- [Extracted material]:
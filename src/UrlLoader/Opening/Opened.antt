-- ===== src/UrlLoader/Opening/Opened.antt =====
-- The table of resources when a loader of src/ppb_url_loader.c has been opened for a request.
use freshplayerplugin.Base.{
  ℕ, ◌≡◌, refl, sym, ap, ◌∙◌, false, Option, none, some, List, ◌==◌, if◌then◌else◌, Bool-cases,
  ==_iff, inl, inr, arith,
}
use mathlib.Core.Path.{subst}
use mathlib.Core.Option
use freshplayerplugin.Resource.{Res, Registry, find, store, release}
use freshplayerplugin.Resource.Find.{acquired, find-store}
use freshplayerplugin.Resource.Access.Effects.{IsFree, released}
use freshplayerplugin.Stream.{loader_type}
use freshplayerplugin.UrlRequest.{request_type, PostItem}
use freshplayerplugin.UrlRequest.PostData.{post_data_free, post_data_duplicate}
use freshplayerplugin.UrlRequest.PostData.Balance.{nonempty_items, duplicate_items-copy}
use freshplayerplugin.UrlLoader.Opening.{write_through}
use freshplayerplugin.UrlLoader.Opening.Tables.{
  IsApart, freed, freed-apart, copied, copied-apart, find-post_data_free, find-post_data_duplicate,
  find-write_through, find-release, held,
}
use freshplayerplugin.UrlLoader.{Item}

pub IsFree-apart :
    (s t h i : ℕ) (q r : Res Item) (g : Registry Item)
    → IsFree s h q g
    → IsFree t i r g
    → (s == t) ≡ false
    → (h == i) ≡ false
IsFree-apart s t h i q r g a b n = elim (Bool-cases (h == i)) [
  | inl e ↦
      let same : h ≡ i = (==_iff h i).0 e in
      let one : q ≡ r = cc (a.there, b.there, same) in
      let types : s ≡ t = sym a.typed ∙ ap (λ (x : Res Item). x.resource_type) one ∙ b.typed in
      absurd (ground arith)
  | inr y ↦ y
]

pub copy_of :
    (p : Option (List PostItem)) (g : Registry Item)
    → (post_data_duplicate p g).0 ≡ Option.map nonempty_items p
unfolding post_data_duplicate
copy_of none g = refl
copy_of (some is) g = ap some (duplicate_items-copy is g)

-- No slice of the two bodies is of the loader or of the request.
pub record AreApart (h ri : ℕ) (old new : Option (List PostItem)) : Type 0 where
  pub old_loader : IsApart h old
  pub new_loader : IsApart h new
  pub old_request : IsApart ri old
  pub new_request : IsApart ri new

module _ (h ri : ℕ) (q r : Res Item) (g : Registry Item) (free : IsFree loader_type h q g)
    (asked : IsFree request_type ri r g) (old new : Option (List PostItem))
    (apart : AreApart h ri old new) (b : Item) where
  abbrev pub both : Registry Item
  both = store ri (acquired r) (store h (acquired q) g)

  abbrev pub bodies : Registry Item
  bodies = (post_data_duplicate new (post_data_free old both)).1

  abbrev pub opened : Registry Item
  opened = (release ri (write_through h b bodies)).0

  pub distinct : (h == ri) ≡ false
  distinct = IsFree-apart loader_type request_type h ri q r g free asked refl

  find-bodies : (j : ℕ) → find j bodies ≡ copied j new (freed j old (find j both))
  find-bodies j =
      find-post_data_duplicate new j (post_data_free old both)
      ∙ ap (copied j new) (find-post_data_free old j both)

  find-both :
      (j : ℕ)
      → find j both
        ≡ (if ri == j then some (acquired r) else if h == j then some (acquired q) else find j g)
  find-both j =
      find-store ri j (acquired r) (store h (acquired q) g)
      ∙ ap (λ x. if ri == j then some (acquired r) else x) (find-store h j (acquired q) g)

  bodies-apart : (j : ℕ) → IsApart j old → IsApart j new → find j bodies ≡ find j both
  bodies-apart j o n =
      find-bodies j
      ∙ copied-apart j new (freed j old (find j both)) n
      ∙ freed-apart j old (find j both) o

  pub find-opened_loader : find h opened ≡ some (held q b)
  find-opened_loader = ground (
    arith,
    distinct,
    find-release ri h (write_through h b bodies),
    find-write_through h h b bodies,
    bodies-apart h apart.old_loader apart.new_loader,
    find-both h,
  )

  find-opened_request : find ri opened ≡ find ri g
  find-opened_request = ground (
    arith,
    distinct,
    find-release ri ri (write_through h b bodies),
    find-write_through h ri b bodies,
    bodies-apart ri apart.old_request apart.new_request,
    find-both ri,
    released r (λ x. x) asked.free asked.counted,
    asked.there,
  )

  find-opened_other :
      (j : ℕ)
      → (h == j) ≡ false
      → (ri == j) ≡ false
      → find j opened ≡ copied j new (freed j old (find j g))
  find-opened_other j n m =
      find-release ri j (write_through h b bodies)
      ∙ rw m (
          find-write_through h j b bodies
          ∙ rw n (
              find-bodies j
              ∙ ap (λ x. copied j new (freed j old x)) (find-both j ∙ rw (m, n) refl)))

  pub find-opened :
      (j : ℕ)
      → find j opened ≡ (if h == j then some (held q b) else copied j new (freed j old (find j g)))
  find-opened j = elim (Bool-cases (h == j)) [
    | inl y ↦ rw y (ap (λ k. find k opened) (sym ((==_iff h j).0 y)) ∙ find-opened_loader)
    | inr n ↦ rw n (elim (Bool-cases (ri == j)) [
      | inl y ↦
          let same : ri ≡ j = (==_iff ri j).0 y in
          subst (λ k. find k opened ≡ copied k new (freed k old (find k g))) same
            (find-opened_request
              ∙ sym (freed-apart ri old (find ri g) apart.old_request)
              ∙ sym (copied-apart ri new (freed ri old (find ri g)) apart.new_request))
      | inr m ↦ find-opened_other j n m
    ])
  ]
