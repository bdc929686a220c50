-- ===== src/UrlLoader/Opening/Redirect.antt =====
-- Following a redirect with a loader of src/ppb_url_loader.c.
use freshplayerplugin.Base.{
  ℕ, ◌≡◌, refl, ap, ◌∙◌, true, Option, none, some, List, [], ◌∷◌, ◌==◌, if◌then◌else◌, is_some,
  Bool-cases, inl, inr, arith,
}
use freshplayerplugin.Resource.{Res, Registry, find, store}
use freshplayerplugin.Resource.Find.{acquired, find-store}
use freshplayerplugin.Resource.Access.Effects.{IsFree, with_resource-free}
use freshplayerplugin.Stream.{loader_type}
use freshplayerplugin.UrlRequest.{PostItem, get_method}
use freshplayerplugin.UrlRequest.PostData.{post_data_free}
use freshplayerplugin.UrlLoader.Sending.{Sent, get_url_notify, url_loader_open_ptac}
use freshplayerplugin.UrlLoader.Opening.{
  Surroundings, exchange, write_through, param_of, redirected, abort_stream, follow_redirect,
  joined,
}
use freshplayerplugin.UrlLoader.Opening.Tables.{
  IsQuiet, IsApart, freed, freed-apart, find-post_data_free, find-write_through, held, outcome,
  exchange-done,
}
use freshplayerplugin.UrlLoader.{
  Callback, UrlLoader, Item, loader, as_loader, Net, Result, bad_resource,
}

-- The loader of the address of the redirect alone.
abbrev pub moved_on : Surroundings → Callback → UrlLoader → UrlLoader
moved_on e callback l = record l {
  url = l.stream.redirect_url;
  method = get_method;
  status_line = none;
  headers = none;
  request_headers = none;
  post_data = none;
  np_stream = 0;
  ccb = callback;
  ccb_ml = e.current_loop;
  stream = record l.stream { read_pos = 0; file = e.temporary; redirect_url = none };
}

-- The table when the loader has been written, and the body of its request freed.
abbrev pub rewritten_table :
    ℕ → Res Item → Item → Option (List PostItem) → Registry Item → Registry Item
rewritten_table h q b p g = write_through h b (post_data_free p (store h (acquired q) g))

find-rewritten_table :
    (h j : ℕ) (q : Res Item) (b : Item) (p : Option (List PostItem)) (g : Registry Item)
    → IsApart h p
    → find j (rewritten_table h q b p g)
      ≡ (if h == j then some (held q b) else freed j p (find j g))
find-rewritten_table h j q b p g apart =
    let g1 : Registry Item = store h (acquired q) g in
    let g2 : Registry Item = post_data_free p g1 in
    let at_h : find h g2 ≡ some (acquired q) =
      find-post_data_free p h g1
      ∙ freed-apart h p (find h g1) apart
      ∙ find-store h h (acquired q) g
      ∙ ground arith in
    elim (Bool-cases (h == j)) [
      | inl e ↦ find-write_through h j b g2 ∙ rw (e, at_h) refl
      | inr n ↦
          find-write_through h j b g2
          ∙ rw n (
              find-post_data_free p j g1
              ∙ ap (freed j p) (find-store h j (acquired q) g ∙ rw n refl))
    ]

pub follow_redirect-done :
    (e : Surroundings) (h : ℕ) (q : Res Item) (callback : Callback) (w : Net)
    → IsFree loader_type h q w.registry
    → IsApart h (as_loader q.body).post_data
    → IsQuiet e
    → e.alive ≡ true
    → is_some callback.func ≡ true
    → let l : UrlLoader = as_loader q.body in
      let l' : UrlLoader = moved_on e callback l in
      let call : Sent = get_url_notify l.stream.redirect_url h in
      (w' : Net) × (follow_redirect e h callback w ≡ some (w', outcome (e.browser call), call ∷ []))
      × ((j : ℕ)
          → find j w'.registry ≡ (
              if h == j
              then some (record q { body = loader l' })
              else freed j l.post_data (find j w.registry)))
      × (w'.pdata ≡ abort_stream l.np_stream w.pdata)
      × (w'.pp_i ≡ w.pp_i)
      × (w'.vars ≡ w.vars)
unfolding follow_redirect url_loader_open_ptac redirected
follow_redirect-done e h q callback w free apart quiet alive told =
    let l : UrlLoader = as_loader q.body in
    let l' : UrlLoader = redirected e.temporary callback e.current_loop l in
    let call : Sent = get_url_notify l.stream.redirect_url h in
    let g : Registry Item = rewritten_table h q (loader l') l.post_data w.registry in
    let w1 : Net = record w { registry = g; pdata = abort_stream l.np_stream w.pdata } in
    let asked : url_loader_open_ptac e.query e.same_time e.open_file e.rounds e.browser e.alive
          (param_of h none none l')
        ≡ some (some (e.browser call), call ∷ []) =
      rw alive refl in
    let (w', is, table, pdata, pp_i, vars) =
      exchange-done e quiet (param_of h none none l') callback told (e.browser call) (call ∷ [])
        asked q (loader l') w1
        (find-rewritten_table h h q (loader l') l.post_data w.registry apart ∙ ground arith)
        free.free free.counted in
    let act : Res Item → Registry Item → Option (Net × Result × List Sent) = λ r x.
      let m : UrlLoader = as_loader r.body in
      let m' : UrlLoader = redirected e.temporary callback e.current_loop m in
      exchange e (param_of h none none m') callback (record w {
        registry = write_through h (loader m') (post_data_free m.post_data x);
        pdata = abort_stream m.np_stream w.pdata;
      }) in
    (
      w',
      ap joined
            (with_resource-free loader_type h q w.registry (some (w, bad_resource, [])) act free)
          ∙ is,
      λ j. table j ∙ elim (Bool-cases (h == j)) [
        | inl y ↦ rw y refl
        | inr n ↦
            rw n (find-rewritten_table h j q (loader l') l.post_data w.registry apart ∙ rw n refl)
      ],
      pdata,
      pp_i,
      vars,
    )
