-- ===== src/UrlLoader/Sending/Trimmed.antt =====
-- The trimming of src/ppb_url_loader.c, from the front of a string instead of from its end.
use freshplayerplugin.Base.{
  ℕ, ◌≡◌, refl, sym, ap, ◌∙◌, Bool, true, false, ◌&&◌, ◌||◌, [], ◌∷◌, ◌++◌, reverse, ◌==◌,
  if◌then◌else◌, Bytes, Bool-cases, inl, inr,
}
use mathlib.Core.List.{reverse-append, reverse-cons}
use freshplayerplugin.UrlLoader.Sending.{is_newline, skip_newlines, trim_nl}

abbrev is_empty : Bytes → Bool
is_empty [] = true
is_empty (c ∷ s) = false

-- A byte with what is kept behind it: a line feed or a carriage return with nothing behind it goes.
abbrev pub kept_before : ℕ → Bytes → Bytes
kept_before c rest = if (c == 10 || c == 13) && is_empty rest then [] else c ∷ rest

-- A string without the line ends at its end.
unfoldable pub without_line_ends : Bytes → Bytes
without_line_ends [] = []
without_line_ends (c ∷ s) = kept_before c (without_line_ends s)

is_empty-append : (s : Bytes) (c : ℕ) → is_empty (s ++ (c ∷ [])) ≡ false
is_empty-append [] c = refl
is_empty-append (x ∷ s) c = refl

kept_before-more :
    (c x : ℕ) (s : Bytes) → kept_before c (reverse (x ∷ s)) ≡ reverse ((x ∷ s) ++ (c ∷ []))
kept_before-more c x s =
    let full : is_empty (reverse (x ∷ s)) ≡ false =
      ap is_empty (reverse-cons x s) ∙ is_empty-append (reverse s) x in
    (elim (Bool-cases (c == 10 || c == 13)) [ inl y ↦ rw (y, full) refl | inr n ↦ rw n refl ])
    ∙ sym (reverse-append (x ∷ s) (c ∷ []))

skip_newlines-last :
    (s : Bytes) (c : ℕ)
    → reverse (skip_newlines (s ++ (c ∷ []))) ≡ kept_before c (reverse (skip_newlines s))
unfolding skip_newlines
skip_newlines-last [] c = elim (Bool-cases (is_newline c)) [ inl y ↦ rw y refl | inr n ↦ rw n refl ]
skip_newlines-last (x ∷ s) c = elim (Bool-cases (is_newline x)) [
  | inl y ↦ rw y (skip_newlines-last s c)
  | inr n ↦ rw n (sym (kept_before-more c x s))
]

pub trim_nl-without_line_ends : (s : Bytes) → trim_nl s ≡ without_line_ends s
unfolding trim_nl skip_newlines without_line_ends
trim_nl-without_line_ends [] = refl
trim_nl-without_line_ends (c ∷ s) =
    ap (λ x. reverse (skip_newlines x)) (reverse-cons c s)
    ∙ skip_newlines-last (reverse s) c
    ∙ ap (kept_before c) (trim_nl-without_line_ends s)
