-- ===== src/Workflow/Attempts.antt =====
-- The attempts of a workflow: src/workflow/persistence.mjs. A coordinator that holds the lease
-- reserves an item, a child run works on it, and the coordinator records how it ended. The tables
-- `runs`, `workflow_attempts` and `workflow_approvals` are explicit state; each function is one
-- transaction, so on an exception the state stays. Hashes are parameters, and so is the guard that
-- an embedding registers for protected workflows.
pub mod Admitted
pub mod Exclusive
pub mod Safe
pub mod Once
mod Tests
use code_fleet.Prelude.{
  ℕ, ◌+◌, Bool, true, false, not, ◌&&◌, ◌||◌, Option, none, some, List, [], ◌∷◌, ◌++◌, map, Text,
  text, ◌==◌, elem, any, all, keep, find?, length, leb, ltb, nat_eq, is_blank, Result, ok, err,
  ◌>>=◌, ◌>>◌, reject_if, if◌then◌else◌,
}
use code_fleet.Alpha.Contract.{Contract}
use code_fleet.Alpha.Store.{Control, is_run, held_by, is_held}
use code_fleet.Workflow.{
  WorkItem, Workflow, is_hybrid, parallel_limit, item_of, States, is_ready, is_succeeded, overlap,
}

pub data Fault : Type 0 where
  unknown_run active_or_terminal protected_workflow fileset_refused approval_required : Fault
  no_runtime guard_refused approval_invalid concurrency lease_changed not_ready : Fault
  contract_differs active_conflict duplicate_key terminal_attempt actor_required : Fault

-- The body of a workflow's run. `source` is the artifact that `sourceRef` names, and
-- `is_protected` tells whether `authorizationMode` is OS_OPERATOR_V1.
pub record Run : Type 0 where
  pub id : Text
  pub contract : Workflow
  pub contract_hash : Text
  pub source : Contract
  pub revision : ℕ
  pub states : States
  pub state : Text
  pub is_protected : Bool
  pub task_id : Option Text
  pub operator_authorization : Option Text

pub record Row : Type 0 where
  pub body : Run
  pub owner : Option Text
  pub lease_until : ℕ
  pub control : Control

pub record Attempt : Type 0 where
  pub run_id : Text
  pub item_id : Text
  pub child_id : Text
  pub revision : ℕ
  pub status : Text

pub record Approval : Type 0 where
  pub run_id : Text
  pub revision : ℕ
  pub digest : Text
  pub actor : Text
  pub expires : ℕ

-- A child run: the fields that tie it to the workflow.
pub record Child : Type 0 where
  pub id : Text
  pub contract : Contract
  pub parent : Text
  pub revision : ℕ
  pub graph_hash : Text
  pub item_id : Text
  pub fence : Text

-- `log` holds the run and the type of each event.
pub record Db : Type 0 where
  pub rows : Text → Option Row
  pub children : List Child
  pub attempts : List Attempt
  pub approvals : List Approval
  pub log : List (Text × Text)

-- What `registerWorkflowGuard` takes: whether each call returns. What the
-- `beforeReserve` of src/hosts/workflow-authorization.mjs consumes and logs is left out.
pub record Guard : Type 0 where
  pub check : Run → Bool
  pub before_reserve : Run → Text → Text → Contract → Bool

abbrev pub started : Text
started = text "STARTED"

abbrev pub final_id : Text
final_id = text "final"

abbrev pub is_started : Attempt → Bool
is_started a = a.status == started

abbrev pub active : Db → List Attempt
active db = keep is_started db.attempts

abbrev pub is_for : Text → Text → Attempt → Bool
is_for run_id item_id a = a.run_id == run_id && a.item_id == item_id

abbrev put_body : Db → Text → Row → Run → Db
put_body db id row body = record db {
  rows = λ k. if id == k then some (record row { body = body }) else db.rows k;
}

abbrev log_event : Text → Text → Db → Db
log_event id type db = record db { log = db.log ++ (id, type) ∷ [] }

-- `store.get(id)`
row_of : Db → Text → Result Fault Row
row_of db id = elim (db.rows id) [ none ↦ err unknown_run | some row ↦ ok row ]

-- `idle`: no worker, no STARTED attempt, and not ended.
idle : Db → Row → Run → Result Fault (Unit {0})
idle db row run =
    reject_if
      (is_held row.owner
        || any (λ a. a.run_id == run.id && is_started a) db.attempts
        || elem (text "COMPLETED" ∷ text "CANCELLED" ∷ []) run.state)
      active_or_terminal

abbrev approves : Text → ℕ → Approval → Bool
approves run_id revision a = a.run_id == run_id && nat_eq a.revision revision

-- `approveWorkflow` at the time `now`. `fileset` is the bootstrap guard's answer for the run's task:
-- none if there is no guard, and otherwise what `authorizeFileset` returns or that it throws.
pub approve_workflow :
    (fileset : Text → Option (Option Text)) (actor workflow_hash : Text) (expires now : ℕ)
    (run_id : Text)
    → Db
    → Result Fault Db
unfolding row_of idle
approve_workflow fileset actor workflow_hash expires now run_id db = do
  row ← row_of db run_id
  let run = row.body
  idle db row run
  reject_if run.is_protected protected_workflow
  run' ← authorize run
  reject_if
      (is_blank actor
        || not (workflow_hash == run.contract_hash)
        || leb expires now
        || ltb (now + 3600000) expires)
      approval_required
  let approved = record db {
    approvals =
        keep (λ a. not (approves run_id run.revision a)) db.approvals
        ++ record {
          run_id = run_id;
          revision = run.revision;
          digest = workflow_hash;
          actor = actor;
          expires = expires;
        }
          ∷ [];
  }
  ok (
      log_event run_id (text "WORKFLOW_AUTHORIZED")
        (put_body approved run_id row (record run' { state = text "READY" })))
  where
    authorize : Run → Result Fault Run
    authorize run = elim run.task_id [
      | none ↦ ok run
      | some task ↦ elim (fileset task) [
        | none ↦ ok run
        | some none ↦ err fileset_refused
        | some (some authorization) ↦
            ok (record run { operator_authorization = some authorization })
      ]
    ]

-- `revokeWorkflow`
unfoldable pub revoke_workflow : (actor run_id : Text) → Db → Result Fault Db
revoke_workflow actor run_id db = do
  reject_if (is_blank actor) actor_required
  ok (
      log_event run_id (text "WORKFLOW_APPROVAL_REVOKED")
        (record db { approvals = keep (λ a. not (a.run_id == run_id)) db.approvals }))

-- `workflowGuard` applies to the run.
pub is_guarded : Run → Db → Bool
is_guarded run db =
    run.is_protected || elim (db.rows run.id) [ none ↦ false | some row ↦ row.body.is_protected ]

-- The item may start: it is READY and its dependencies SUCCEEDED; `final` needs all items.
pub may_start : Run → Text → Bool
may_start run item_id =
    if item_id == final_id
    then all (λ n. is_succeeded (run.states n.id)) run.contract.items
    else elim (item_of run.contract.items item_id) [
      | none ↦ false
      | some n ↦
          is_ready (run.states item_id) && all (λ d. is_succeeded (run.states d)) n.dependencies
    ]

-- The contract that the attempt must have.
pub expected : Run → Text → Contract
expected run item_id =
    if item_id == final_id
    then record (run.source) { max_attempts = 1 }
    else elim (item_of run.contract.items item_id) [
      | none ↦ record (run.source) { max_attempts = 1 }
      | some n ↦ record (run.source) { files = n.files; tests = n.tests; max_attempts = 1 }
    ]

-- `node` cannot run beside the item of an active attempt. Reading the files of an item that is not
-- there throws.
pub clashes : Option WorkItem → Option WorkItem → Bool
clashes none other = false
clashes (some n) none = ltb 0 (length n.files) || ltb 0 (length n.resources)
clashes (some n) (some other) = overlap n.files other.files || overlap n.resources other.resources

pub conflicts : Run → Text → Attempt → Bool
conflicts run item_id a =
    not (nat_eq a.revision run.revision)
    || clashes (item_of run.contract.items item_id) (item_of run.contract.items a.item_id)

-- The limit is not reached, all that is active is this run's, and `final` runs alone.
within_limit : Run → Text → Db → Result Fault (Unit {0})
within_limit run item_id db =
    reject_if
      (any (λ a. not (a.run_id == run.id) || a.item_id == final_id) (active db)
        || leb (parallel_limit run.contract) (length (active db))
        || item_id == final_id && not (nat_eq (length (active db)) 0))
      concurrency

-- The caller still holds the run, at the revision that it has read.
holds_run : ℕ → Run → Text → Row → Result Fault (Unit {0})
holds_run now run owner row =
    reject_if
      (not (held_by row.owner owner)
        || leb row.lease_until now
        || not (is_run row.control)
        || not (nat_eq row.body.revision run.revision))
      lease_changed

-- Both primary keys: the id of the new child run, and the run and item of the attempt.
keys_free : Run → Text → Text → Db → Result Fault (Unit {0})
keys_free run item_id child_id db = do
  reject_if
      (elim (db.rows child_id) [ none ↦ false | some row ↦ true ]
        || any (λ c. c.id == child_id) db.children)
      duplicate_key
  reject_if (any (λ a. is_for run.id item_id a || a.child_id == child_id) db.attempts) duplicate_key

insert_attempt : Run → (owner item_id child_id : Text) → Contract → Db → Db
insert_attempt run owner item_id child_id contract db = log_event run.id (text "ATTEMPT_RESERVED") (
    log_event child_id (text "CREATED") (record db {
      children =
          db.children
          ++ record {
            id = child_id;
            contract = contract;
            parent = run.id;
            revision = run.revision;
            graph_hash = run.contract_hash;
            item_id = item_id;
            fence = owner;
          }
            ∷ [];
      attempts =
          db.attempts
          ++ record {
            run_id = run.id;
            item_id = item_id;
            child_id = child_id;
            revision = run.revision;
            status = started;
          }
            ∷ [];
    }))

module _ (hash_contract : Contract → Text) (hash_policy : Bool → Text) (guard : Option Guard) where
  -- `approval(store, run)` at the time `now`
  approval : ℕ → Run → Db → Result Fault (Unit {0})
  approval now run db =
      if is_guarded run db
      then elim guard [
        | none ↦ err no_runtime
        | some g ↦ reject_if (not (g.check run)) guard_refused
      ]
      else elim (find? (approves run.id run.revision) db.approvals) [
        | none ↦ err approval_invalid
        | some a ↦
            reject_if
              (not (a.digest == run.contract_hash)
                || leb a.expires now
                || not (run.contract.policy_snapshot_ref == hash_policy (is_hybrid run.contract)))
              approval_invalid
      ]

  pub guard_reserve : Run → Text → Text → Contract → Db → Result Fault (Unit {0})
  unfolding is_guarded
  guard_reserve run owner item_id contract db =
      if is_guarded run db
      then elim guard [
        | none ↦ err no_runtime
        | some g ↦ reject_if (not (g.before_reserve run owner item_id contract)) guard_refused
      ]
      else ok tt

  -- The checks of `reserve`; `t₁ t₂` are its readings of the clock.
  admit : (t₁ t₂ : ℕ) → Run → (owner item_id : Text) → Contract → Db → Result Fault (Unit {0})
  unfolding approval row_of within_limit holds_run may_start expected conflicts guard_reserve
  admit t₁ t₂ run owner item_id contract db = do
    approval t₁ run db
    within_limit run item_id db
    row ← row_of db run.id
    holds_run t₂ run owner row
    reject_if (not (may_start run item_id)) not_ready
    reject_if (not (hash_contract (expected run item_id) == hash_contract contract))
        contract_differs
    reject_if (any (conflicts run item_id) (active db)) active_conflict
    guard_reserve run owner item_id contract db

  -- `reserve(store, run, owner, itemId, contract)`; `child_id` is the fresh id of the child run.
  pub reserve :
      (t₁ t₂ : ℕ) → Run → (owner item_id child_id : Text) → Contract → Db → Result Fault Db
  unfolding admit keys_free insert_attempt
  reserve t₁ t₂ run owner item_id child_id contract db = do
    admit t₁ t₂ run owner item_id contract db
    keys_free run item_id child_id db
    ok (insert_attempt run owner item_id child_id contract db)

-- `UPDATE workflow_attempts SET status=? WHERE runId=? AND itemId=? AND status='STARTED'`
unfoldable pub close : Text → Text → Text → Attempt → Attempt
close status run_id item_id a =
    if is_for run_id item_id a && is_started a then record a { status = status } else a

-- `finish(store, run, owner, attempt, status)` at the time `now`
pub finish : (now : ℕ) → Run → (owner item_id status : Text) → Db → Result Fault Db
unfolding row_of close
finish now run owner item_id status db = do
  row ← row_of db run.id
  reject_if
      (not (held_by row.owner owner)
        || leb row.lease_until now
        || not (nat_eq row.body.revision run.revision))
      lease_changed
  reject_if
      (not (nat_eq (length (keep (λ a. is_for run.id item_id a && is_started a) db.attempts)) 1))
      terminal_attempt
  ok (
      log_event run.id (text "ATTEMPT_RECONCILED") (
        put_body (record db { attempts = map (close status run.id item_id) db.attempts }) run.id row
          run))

- [What needs to be done]: Look over the listing above and copy each line that contains "antt".

- [Response]:
filename src/UrlLoader/Opening/Opened.antt
-- ===== src/UrlLoader/Opening/Opened.antt =====
-- ===== src/UrlLoader/Opening/Redirect.antt =====
-- ===== src/UrlLoader/Sending/Trimmed.antt =====
-- ===== src/Workflow/Attempts.antt =====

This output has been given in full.